Annuities Explained

Annuities Explained

Whether you’ve been offered an annuity or you’ve heard the word mentioned and would like to know more about whether one would be right for you, this basic explanation may help you decide.

What is an annuity? 

An annuity is a written agreement between you and an insurance provider that allows you to accumulate funds over time, in order to receive an income after retirement. 

Is it compulsory?

No. However it is always advisable to have one or more annuity by the time you reach retirement age. 

How does an annuity work?

You, the contract owner, will either make a one-off lump-sum payment or smaller individual payments into the contract, provided by the insurance company. These payments are used to purchase units that will accumulate until such a time where you, the beneficiary, are paid. 

Different annuities 

*Lifetime annuity – This will pay the beneficiary an income for the rest of his or her life. 

*Fixed term annuity – This annuity will provide an income for a pre-decided number of years. Normally between five to twenty-five years. At the end of this pre-decided term, a maturity amount becomes available in either a lump sum in cash to use as you please or purchase another retirement package. 

*Variable annuity – Here you have a guaranteed income for you as well as your spouse and possibly an inheritance.

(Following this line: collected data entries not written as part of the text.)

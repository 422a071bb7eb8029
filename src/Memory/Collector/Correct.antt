-- ===== src/Memory/Collector/Correct.antt =====
-- `mark` of vm/MemoryManager.cpp ends and colours exactly the reachable objects.
use lodtalk.Prelude.{
  ℕ, zero, suc, ◌+◌, ◌≤◌, ◌<◌, ◌≡◌, ◌≢◌, refl, sym, ap, ◌∙◌, arith, List, [], ◌∷◌, ◌⊎◌, inl, inr,
  Bool, true, false, ◌&&◌, All, Bool-cases, length, if◌then◌else◌,
}
use lodtalk.Outcome.{Outcome, ok}
use lodtalk.ObjectModel.Oop.{is_pointer}
use lodtalk.Memory.Collector.Objects.{Memory, Color, white, gray, black, children}
use lodtalk.Memory.Collector.Marking.{Colors, set_color, is_white, mark_each, mark_object, mark}
use lodtalk.Memory.Collector.Reachable.{In, Reachable, root, child}
use lodtalk.Memory.Collector.Marked.{
  Marks, AllMarked, still_marked, set_color-same, nothing-Marks, sequence-Marks, skip-Marks,
  object-Marks, Color-cases, black_not_white, gray_not_white, set_color-marked,
}

-- How many of the objects are white.
abbrev pub whites : List ℕ → Colors → ℕ
whites [] c = 0
whites (o ∷ os) c = (if is_white (c o) then 1 else 0) + whites os c

white-is_white : (c : Color) → is_white c ≡ true → c ≡ white
white-is_white white e = refl
white-is_white gray e = cc
white-is_white black e = cc

is_white-le :
    (x y : Color)
    → (x ≢ white → y ≢ white)
    → (if is_white y then 1 else 0) ≤ (if is_white x then 1 else 0)
is_white-le white white h = omega arith
is_white-le white gray h = omega arith
is_white-le white black h = omega arith
is_white-le gray white h = absurd (h (λ e. cc) refl)
is_white-le gray gray h = omega arith
is_white-le gray black h = omega arith
is_white-le black white h = absurd (h (λ e. cc) refl)
is_white-le black gray h = omega arith
is_white-le black black h = omega arith

whites_mono :
    (space : List ℕ) (c c' : Colors)
    → ((a : ℕ) → c a ≢ white → c' a ≢ white)
    → whites space c' ≤ whites space c
whites_mono [] c c' h = omega arith
whites_mono (o ∷ os) c c' h = omega (arith, is_white-le (c o) (c' o) (h o), whites_mono os c c' h)

gray_less :
    (space : List ℕ) (o : ℕ) (c : Colors)
    → c o ≡ white
    → In o space
    → whites space (set_color o gray c) < whites space c
gray_less [] o c w i = absurd i
gray_less (p ∷ os) o c w i =
    let more = set_color-marked o gray c gray_not_white in
    let rest = whites_mono os c (set_color o gray c) more in
    let here = is_white-le (c p) (set_color o gray c p) (more p) in
    elim i [
      | inl same ↦ rw (set_color-same o p gray c same, sym (ap c same) ∙ w) (omega (arith, rest))
      | inr later ↦ omega (arith, here, gray_less os o c w later)
    ]

-- The objects that the collector can meet.
abbrev pub Pointers : List ℕ → List ℕ → Type 0
Pointers space words = All (λ o. is_pointer o ≡ true → In o space) words

abbrev pub IsSpace : Memory → List ℕ → Type 0
IsSpace m space = (p : ℕ) → In p space → Pointers space (children m p)

mark_object-step :
    (m : Memory) (fuel o : ℕ) (c c' : Colors)
    → (is_pointer o && is_white (c o)) ≡ true
    → mark_each (mark_object m fuel) (children m o) (set_color o gray c) ≡ ok c'
    → mark_object m (suc fuel) o c ≡ ok (set_color o black c')
unfolding mark_object
mark_object-step m fuel o c c' go run = rw (go, mark_object) (rw run refl)

module _ (m : Memory) (space : List ℕ) (closed : IsSpace m space) where
  abbrev Ends : ℕ → (Colors → Outcome Colors) → List ℕ → Type 0
  Ends fuel run words =
      (c : Colors) → whites space c < fuel → (c' : Colors) × (run c ≡ ok c') × Marks m words c c'

  mark_each-Ends :
      (fuel : ℕ) (words : List ℕ)
      → ((o : ℕ) → (is_pointer o ≡ true → In o space) → Ends fuel (mark_object m fuel o) (o ∷ []))
      → Pointers space words
      → Ends fuel (mark_each (mark_object m fuel) words) words
  mark_each-Ends fuel [] one inside c enough = (c, refl, nothing-Marks m c)
  mark_each-Ends fuel (o ∷ os) one inside c enough =
      let (c1, first, marks) = one o inside.0 c enough in
      let fewer = whites_mono space c c1 (λ a n. still_marked c c1 a (marks.keeps a n) n) in
      let (c2, later, marks') = mark_each-Ends fuel os one inside.1 c1 (omega arith) in
      (c2, rw first later, sequence-Marks m o os c c1 c2 marks marks')

  mark_object-Ends :
      (fuel o : ℕ) → (is_pointer o ≡ true → In o space) → Ends fuel (mark_object m fuel o) (o ∷ [])
  unfolding mark_object
  mark_object-Ends zero o inside c enough = absurd (omega arith)
  mark_object-Ends (suc fuel) o inside c enough =
      elim (Bool-cases (is_pointer o && is_white (c o))) [
        | inl go ↦
            let (ptr, w) = both (is_pointer o) (c o) go in
            let less = gray_less space o c w (inside ptr) in
            let (c', run, marks) =
              mark_each-Ends fuel (children m o) (mark_object-Ends fuel) (closed o (inside ptr))
                (set_color o gray c) (omega arith) in
            (
              set_color o black c',
              mark_object-step m fuel o c c' go run,
              object-Marks m o c c' ptr w marks,
            )
        | inr skip ↦ (c, rw (skip, mark_object) refl, skip-Marks m o c skip)
      ]
    where
      both : (b : Bool) (x : Color) → (b && is_white x) ≡ true → (b ≡ true) × (x ≡ white)
      both true x e = (refl, white-is_white x e)
      both false x e = absurd (cc)

whites-length : (space : List ℕ) (c : Colors) → whites space c ≤ length space
whites-length [] c = omega arith
whites-length (o ∷ os) c =
    omega (arith, is_white-le white (c o) (λ h. absurd (h refl)), whites-length os c)

-- What is marked at the end, once nothing was marked at the start.
module _ (m : Memory) (words : List ℕ) (c c' : Colors) (fresh : (a : ℕ) → c a ≡ white) where
  marked-black : Marks m words c c' → (a : ℕ) → c' a ≢ white → c' a ≡ black
  marked-black h a n = elim (h.blackens a (fresh a)) [ inl w ↦ absurd (n w) | inr b ↦ b ]

  targets_of :
      (xs : List ℕ) (o : ℕ) → AllMarked c' xs → In o xs → is_pointer o ≡ true → c' o ≢ white
  targets_of [] o all i p n = absurd i
  targets_of (x ∷ xs) o all (inl e) p n = all.0 (sym (ap is_pointer e) ∙ p) (sym (ap c' e) ∙ n)
  targets_of (x ∷ xs) o all (inr i) p n = targets_of xs o all.1 i p n

  reached-black : Marks m words c c' → (a : ℕ) → Reachable m words a → c' a ≡ black
  reached-black h a (root i p) = marked-black h a (targets_of words a h.targets i p)
  reached-black h a (child {p} r i ptr) =
      let all =
        h.closes (λ q b. absurd (black_not_white (sym b ∙ fresh q))) p (reached-black h p r) in
      marked-black h a (targets_of (children m p) a all i ptr)

-- mark, started with every object white, ends, and then each object is black if it is reachable
-- from the roots through strong slots and literals, and white if it is not; none is left gray. The
-- pointers among the roots and among the children of the objects in `space` point into `space`, and
-- the fuel, the depth of the recursion, is more than the number of these objects.
pub mark-Reachable :
    (m : Memory) (space roots : List ℕ) (fuel : ℕ) (c : Colors)
    → IsSpace m space
    → Pointers space roots
    → length space < fuel
    → ((a : ℕ) → c a ≡ white)
    → (c' : Colors) × (mark m fuel roots c ≡ ok c')
      × ((a : ℕ)
          → (Reachable m roots a × (c' a ≡ black)) ⊎ ((¬ Reachable m roots a) × (c' a ≡ white)))
unfolding mark
mark-Reachable m space roots fuel c closed inside enough fresh =
    let (c', run, h) =
      mark_each-Ends m space closed fuel roots (mark_object-Ends m space closed fuel) inside c
        (omega (arith, whites-length space c)) in
    (
      c',
      run,
      λ a. elim (Color-cases (c' a)) [
        | inl w ↦ inr (λ r. black_not_white (sym (reached-black m roots c c' fresh h a r) ∙ w), w)
        | inr n ↦ inl (h.sound a (fresh a) n, marked-black m roots c c' fresh h a n)
      ],
    )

With this annuity, there’s the potential for increased earning but with increased earnings come added risks; there is no protection against market losses. 

*Fixed Indexed – These annuities have the potential to increase your earning because it’s based on index growth, but with the added protection should the market plunge. 

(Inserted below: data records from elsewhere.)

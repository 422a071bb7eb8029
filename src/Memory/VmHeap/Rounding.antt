-- ===== src/Memory/VmHeap/Rounding.antt =====
-- Rounding up to pages by a mask.
use Prim.Native.Nat.{bit_and}
use native.Mathlib.Nat.{
  pow-suc, div-add-mod', mod-lt, mod-eq_of_lt, div-lt_iff_lt-mul, mul-mod_left,
}
use mathlib.Core.Path.{ap₂}
use lodtalk.Prelude.{ℕ, zero, suc, ◌+◌, ◌-◌, ◌*◌, ◌/◌, ◌%◌, ◌^◌, ◌≤◌, ◌<◌, ◌≡◌, sym, ap, ◌∙◌, arith}
use lodtalk.Prelude.Bits.{bit_and-mask, bit_and_split, bit_and-zero}
use lodtalk.ObjectModel.Oop.{word}
use lodtalk.Memory.VmHeap.{new_capacity, complement}

pow_sum : (j k : ℕ) → 2 ^ (j + k) ≡ 2 ^ j * 2 ^ k
pow_sum zero k = let e : 0 + k ≡ k = omega arith in rw e (omega arith)
pow_sum (suc j) k =
    let e : suc j + k ≡ suc (j + k) = omega arith in
    rw (e, pow-suc 2 (j + k), pow-suc 2 j, pow_sum j k) (grind arith)

pub pow_pos : (k : ℕ) → 0 < 2 ^ k
pow_pos zero = omega arith
pow_pos (suc k) = omega (arith, pow_pos k, pow-suc 2 k)

pred-mul : (a b : ℕ) → 0 < a → (a - 1) * b + b ≡ a * b
pred-mul zero b h = absurd (omega arith)
pred-mul (suc a) b h = let e : suc a - 1 ≡ a = omega arith in rw e (grind arith)

module _ (j k : ℕ) (bits : j + k ≡ 64) where
  all_bits : 2 ^ j * 2 ^ k ≡ word
  all_bits = sym (pow_sum j k) ∙ ap (λ n. 2 ^ n) bits

  -- The mask has the upper j bits.
  complement-page : complement (2 ^ k - 1) ≡ (2 ^ j - 1) * 2 ^ k + 0
  complement-page = omega (arith, all_bits, pred-mul (2 ^ j) (2 ^ k) (pow_pos j), pow_pos k)

  pub upper_bits : (x : ℕ) → x < word → bit_and x (complement (2 ^ k - 1)) ≡ x / 2 ^ k * 2 ^ k
  upper_bits x h =
      let upper : x / 2 ^ k < 2 ^ j =
        (div-lt_iff_lt-mul {k = 2 ^ k} {x = x} {y = 2 ^ j} (pow_pos k)).1
          (omega (arith, all_bits)) in
      let low : x / 2 ^ k % 2 ^ j ≡ x / 2 ^ k = mod-eq_of_lt upper in
      ap₂ bit_and (sym (div-add-mod' x (2 ^ k))) complement-page
      ∙ bit_and_split k (x / 2 ^ k) (x % 2 ^ k) (2 ^ j - 1) 0 (mod-lt x (pow_pos k)) (pow_pos k)
      ∙ rw (bit_and-mask j (x / 2 ^ k), low, bit_and-zero (x % 2 ^ k)) (omega arith)

  -- The new capacity is the least multiple of the page size that has room.
  pub new_capacity_lem :
      (n : ℕ)
      → n + 2 ^ k ≤ word
      → (n ≤ new_capacity (2 ^ k) n)
        × (new_capacity (2 ^ k) n < n + 2 ^ k)
        × (new_capacity (2 ^ k) n % 2 ^ k ≡ 0)
  unfolding new_capacity
  new_capacity_lem n h =
      let x = n + 2 ^ k - 1 in
      let small : x < word = omega (arith, pow_pos k) in
      let e : new_capacity (2 ^ k) n ≡ x / 2 ^ k * 2 ^ k =
        ap (λ (y : ℕ). bit_and y (complement (2 ^ k - 1))) (mod-eq_of_lt small)
        ∙ upper_bits x small in
      let split = div-add-mod' x (2 ^ k) in
      let low = mod-lt x (pow_pos k) in
      (omega arith, omega (arith, pow_pos k), rw e (mul-mod_left (x / 2 ^ k) (2 ^ k)))
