-- ===== src/Memory/Compaction/Small.antt =====
-- `AllocatedObject` of vm/MemoryManager.cpp, where the object is not a big one.
use Prim.Native.Nat.{bit_and, bit_or}
use lodtalk.Prelude.{ℕ, ◌+◌, ◌*◌, ◌/◌, ◌%◌, ◌^◌, ◌<◌, ◌≡◌, refl, ◌∙◌, arith, false}
use lodtalk.Prelude.Bits.{bit_and-mask, bit_or_field, bit_or-zero}
use lodtalk.ObjectModel.Oop.{word}
use lodtalk.Memory.VmHeap.Rounding.{upper_bits}
use lodtalk.Memory.Compaction.Blocks.{
  AllocatedObject, alignment_mask, is_big_object, compute_size, get_forwarding_destination,
  get_forwarding_pointer, set_forwarding_pointer, header_offset, word_before_header,
}

-- The low bits of the forwarding pointer do not say that the object is big.
pub record IsSmall (b : AllocatedObject) : Type 0 where
  pub unmarked : b.raw_forwarding_pointer % 8 ≡ 0
  pub counted : b.slot_count < 255

-- An aligned address passes the mask.
pub aligned-mask : (p : ℕ) → p % 8 ≡ 0 → p < word → bit_and p alignment_mask ≡ p
aligned-mask p a h = upper_bits 61 3 refl p h ∙ omega arith

pub aligned-or : (p r : ℕ) → p % 8 ≡ 0 → r < 8 → bit_or p r ≡ p + r
aligned-or p r a h = let e : p ≡ p / 8 * 2 ^ 3 = omega arith in rw e (bit_or_field 3 (p / 8) r h)

module _ (b : AllocatedObject) (s : IsSmall b) where
  pub IsSmall-is_big_object : is_big_object b ≡ false
  unfolding is_big_object
  IsSmall-is_big_object =
      let low : bit_and b.raw_forwarding_pointer 1 ≡ 0 =
        bit_and-mask 1 b.raw_forwarding_pointer ∙ omega (arith, s.unmarked) in
      rw low refl

  pub IsSmall-compute_size : compute_size b ≡ 16 + b.slot_count * 8
  unfolding compute_size
  IsSmall-compute_size = rw IsSmall-is_big_object refl

  pub IsSmall-header_offset : header_offset b ≡ 8
  unfolding header_offset
  IsSmall-header_offset = rw IsSmall-is_big_object refl

  pub IsSmall-word_before_header : word_before_header b ≡ b.raw_forwarding_pointer
  unfolding word_before_header
  IsSmall-word_before_header = rw IsSmall-is_big_object refl

  pub IsSmall-set_forwarding_pointer :
      (p : ℕ)
      → p % 8 ≡ 0
      → p < word
      → set_forwarding_pointer b p ≡ record b { raw_forwarding_pointer = p }
  unfolding set_forwarding_pointer
  IsSmall-set_forwarding_pointer p a h =
      let low : bit_and b.raw_forwarding_pointer 7 ≡ 0 =
        bit_and-mask 3 b.raw_forwarding_pointer ∙ s.unmarked in
      rw (aligned-mask p a h, low, bit_or-zero p) refl

  pub IsSmall-get_forwarding_destination :
      (free : ℕ)
      → b.raw_forwarding_pointer ≡ free + 8
      → free + 8 < word
      → get_forwarding_destination b ≡ free
  unfolding get_forwarding_destination
  IsSmall-get_forwarding_destination free e h =
      let value : get_forwarding_pointer b ≡ b.raw_forwarding_pointer =
        aligned-mask b.raw_forwarding_pointer s.unmarked (omega arith) in
      rw (IsSmall-is_big_object, value, e) (omega arith)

What are the advantages of having annuities? 

With all the medical advances over the last decade or so, our average life expectancy has increased, but retirement age has not. Thus you will need to have a sustainable income for approximately 20 – 30 years after retirement and the right annuity is the solution.   

  • A tax deferral is always a win. In layman’s terms – you don’t pay taxes on the growth of your investment. Once you start making withdrawals from your annuity, then and only then will you pay the tax. 
  • Limitless contributions. You are able to put away large sums of money which will save you on the taxes as mentioned earlier.
  • You decide what level of risk you are prepared to take. 

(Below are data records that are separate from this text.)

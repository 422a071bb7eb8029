-- ===== src/Memory/Compaction/Forwarding.antt =====
-- The first pass of `compact` of vm/MemoryManager.cpp on a heap without big objects.
use lodtalk.Prelude.{
  ℕ, suc, ◌+◌, ◌*◌, ◌%◌, ◌≤◌, ◌<◌, ◌≡◌, refl, arith, List, [], ◌∷◌, All, ◌==◌, if◌then◌else◌,
  Bool-cases, inl, inr,
}
use lodtalk.Outcome.{Outcome, ok, abort, memory_corruption}
use lodtalk.ObjectModel.Oop.{word}
use lodtalk.Memory.Collector.Marking.{is_white}
use lodtalk.Memory.Compaction.Blocks.{AllocatedObject, set_forwarding_pointer}
use lodtalk.Memory.Compaction.Passes.{first_pass, object_at, forwarded_word}
use lodtalk.Memory.Compaction.Small.{
  IsSmall, IsSmall-compute_size, IsSmall-header_offset, IsSmall-set_forwarding_pointer,
  IsSmall-word_before_header,
}

abbrev pub AllSmall : List AllocatedObject → Type 0
AllSmall = All IsSmall

-- The bytes of a small object, and the free address after it and after all objects.
abbrev pub bytes : AllocatedObject → ℕ
bytes b = 16 + b.slot_count * 8

abbrev pub next_free : ℕ → AllocatedObject → ℕ
next_free free b = if is_white b.gc_color then free else free + bytes b

abbrev pub last_free : ℕ → List AllocatedObject → ℕ
last_free free [] = free
last_free free (b ∷ bs) = last_free (next_free free b) bs

abbrev pub total_bytes : List AllocatedObject → ℕ
total_bytes [] = 0
total_bytes (b ∷ bs) = bytes b + total_bytes bs

abbrev pub dead_count : List AllocatedObject → ℕ
dead_count [] = 0
dead_count (b ∷ bs) = if is_white b.gc_color then suc (dead_count bs) else dead_count bs

-- The objects with the forwarding pointers that the first pass gives them.
abbrev pub with_forwarding : ℕ → AllocatedObject → AllocatedObject
with_forwarding free b = record b {
  raw_forwarding_pointer = if is_white b.gc_color then 0 else free + 8;
}

abbrev pub forwarded : ℕ → List AllocatedObject → List AllocatedObject
forwarded free [] = []
forwarded free (b ∷ bs) = with_forwarding free b ∷ forwarded (next_free free b) bs

pub next_free-cases :
    (free : ℕ) (b : AllocatedObject)
    → (free ≤ next_free free b) × (next_free free b ≤ free + bytes b)
next_free-cases free b = ground arith

pub next_free-aligned : (free : ℕ) (b : AllocatedObject) → free % 8 ≡ 0 → next_free free b % 8 ≡ 0
next_free-aligned free b h = ground arith

pub free-le-last_free : (free : ℕ) (bs : List AllocatedObject) → free ≤ last_free free bs
free-le-last_free free [] = omega arith
free-le-last_free free (b ∷ bs) =
    omega (arith, next_free-cases free b, free-le-last_free (next_free free b) bs)

last_free-le : (free : ℕ) (bs : List AllocatedObject) → last_free free bs ≤ free + total_bytes bs
last_free-le free [] = omega arith
last_free-le free (b ∷ bs) =
    omega (arith, next_free-cases free b, last_free-le (next_free free b) bs)

-- One object of the first pass.
forward_one :
    (free : ℕ) (b : AllocatedObject)
    → IsSmall b
    → free % 8 ≡ 0
    → free + 8 < word
    → (if is_white b.gc_color
        then set_forwarding_pointer b 0
        else set_forwarding_pointer b (free + 8))
      ≡ with_forwarding free b
forward_one free b small aligned room = elim (Bool-cases (is_white b.gc_color)) [
  | inl dead ↦ rw dead (IsSmall-set_forwarding_pointer b small 0 refl (omega arith))
  | inr live ↦ rw live (IsSmall-set_forwarding_pointer b small (free + 8) (omega arith) room)
]

first_step :
    (free : ℕ) (b : AllocatedObject) (bs : List AllocatedObject)
    → IsSmall b
    → (if is_white b.gc_color
        then set_forwarding_pointer b 0
        else set_forwarding_pointer b (free + 8))
      ≡ with_forwarding free b
    → first_pass (next_free free b) bs
      ≡ (forwarded (next_free free b) bs, last_free (next_free free b) bs, dead_count bs)
    → first_pass free (b ∷ bs)
      ≡ (forwarded free (b ∷ bs), last_free free (b ∷ bs), dead_count (b ∷ bs))
unfolding first_pass
first_step free b bs small one later = elim (Bool-cases (is_white b.gc_color)) [
  | inl dead ↦
      let one' : set_forwarding_pointer b 0 ≡ record b { raw_forwarding_pointer = 0 } =
        rw dead at one in
      rw (dead, first_pass) (rw (rw dead at later, one') refl)
  | inr live ↦
      let one' : set_forwarding_pointer b (free + 8)
          ≡ record b { raw_forwarding_pointer = free + 8 } =
        rw live at one in
      rw (live, first_pass, IsSmall-compute_size b small) (rw (rw live at later, one') refl)
]

pub first_pass-forwarded :
    (free : ℕ) (bs : List AllocatedObject)
    → AllSmall bs
    → free % 8 ≡ 0
    → last_free free bs + 8 < word
    → first_pass free bs ≡ (forwarded free bs, last_free free bs, dead_count bs)
unfolding first_pass
first_pass-forwarded free [] small aligned room = refl
first_pass-forwarded free (b ∷ bs) small aligned room =
    let le = free-le-last_free free (b ∷ bs) in
    let one = forward_one free b small.0 aligned (omega arith) in
    let later =
      first_pass-forwarded (next_free free b) bs small.1 (next_free-aligned free b aligned) room in
    first_step free b bs small.0 one later

pub with_forwarding-IsSmall :
    (free : ℕ) (b : AllocatedObject) → IsSmall b → free % 8 ≡ 0 → IsSmall (with_forwarding free b)
with_forwarding-IsSmall free b small aligned = elim (Bool-cases (is_white b.gc_color)) [
  | inl dead ↦ rw dead (record { unmarked = refl; counted = small.counted })
  | inr live ↦ rw live (record { unmarked = omega arith; counted = small.counted })
]

-- Where the object at a pointer goes, nil for an object that is freed.
abbrev pub address_after : ℕ → ℕ → ℕ → List AllocatedObject → ℕ → Outcome ℕ
address_after nil_object live free [] pointer = abort memory_corruption
address_after nil_object live free (b ∷ bs) pointer =
    if pointer == live + 8
    then (if is_white b.gc_color then ok nil_object else ok (free + 8))
    else address_after nil_object (live + bytes b) (next_free free b) bs pointer

-- The forwarding pointers lead there.
pub forwarded_word-address :
    (nil_object live free : ℕ) (bs : List AllocatedObject) (pointer : ℕ)
    → AllSmall bs
    → free % 8 ≡ 0
    → forwarded_word nil_object (object_at live (forwarded free bs) pointer)
      ≡ address_after nil_object live free bs pointer
unfolding object_at forwarded_word
forwarded_word-address nil_object live free [] pointer small aligned = refl
forwarded_word-address nil_object live free (b ∷ bs) pointer small aligned =
    let small' = with_forwarding-IsSmall free b small.0 aligned in
    let b' = with_forwarding free b in
    let later =
      forwarded_word-address nil_object (live + bytes b) (next_free free b) bs pointer small.1
        (next_free-aligned free b aligned) in
    rw (IsSmall-header_offset b' small', IsSmall-compute_size b' small')
      (elim (Bool-cases (pointer == live + 8)) [
        | inl here ↦
            rw (here, IsSmall-word_before_header b' small')
              (elim (Bool-cases (is_white b.gc_color)) [
                | inl dead ↦ rw dead refl
                | inr alive ↦ rw alive refl
              ])
        | inr there ↦ rw there later
      ])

What are some of the disadvantages? 

  • You cannot change your mind once you purchase an annuity. If you find yourself in any position where you don’t want the product any longer, you will lose all contributions. 
  • It’s an expensive product. A health assessment is done to calculate your life expectancy and the Mortality and expense risk fee (M&E) will be added. This accounts for approximately  1.5% of the value, each year. 
  • Annual contract fee. 
  • Management fee.
  • Broker commissions. Withdrawal fees or Penalty fee (should you require funds before the maturity date was reached).

Annuities are complicated, so before you sign any financial product, consult a trusted broker. Explain your needs and expectations, and be sure to ask any and all questions you may have to make informed decisions.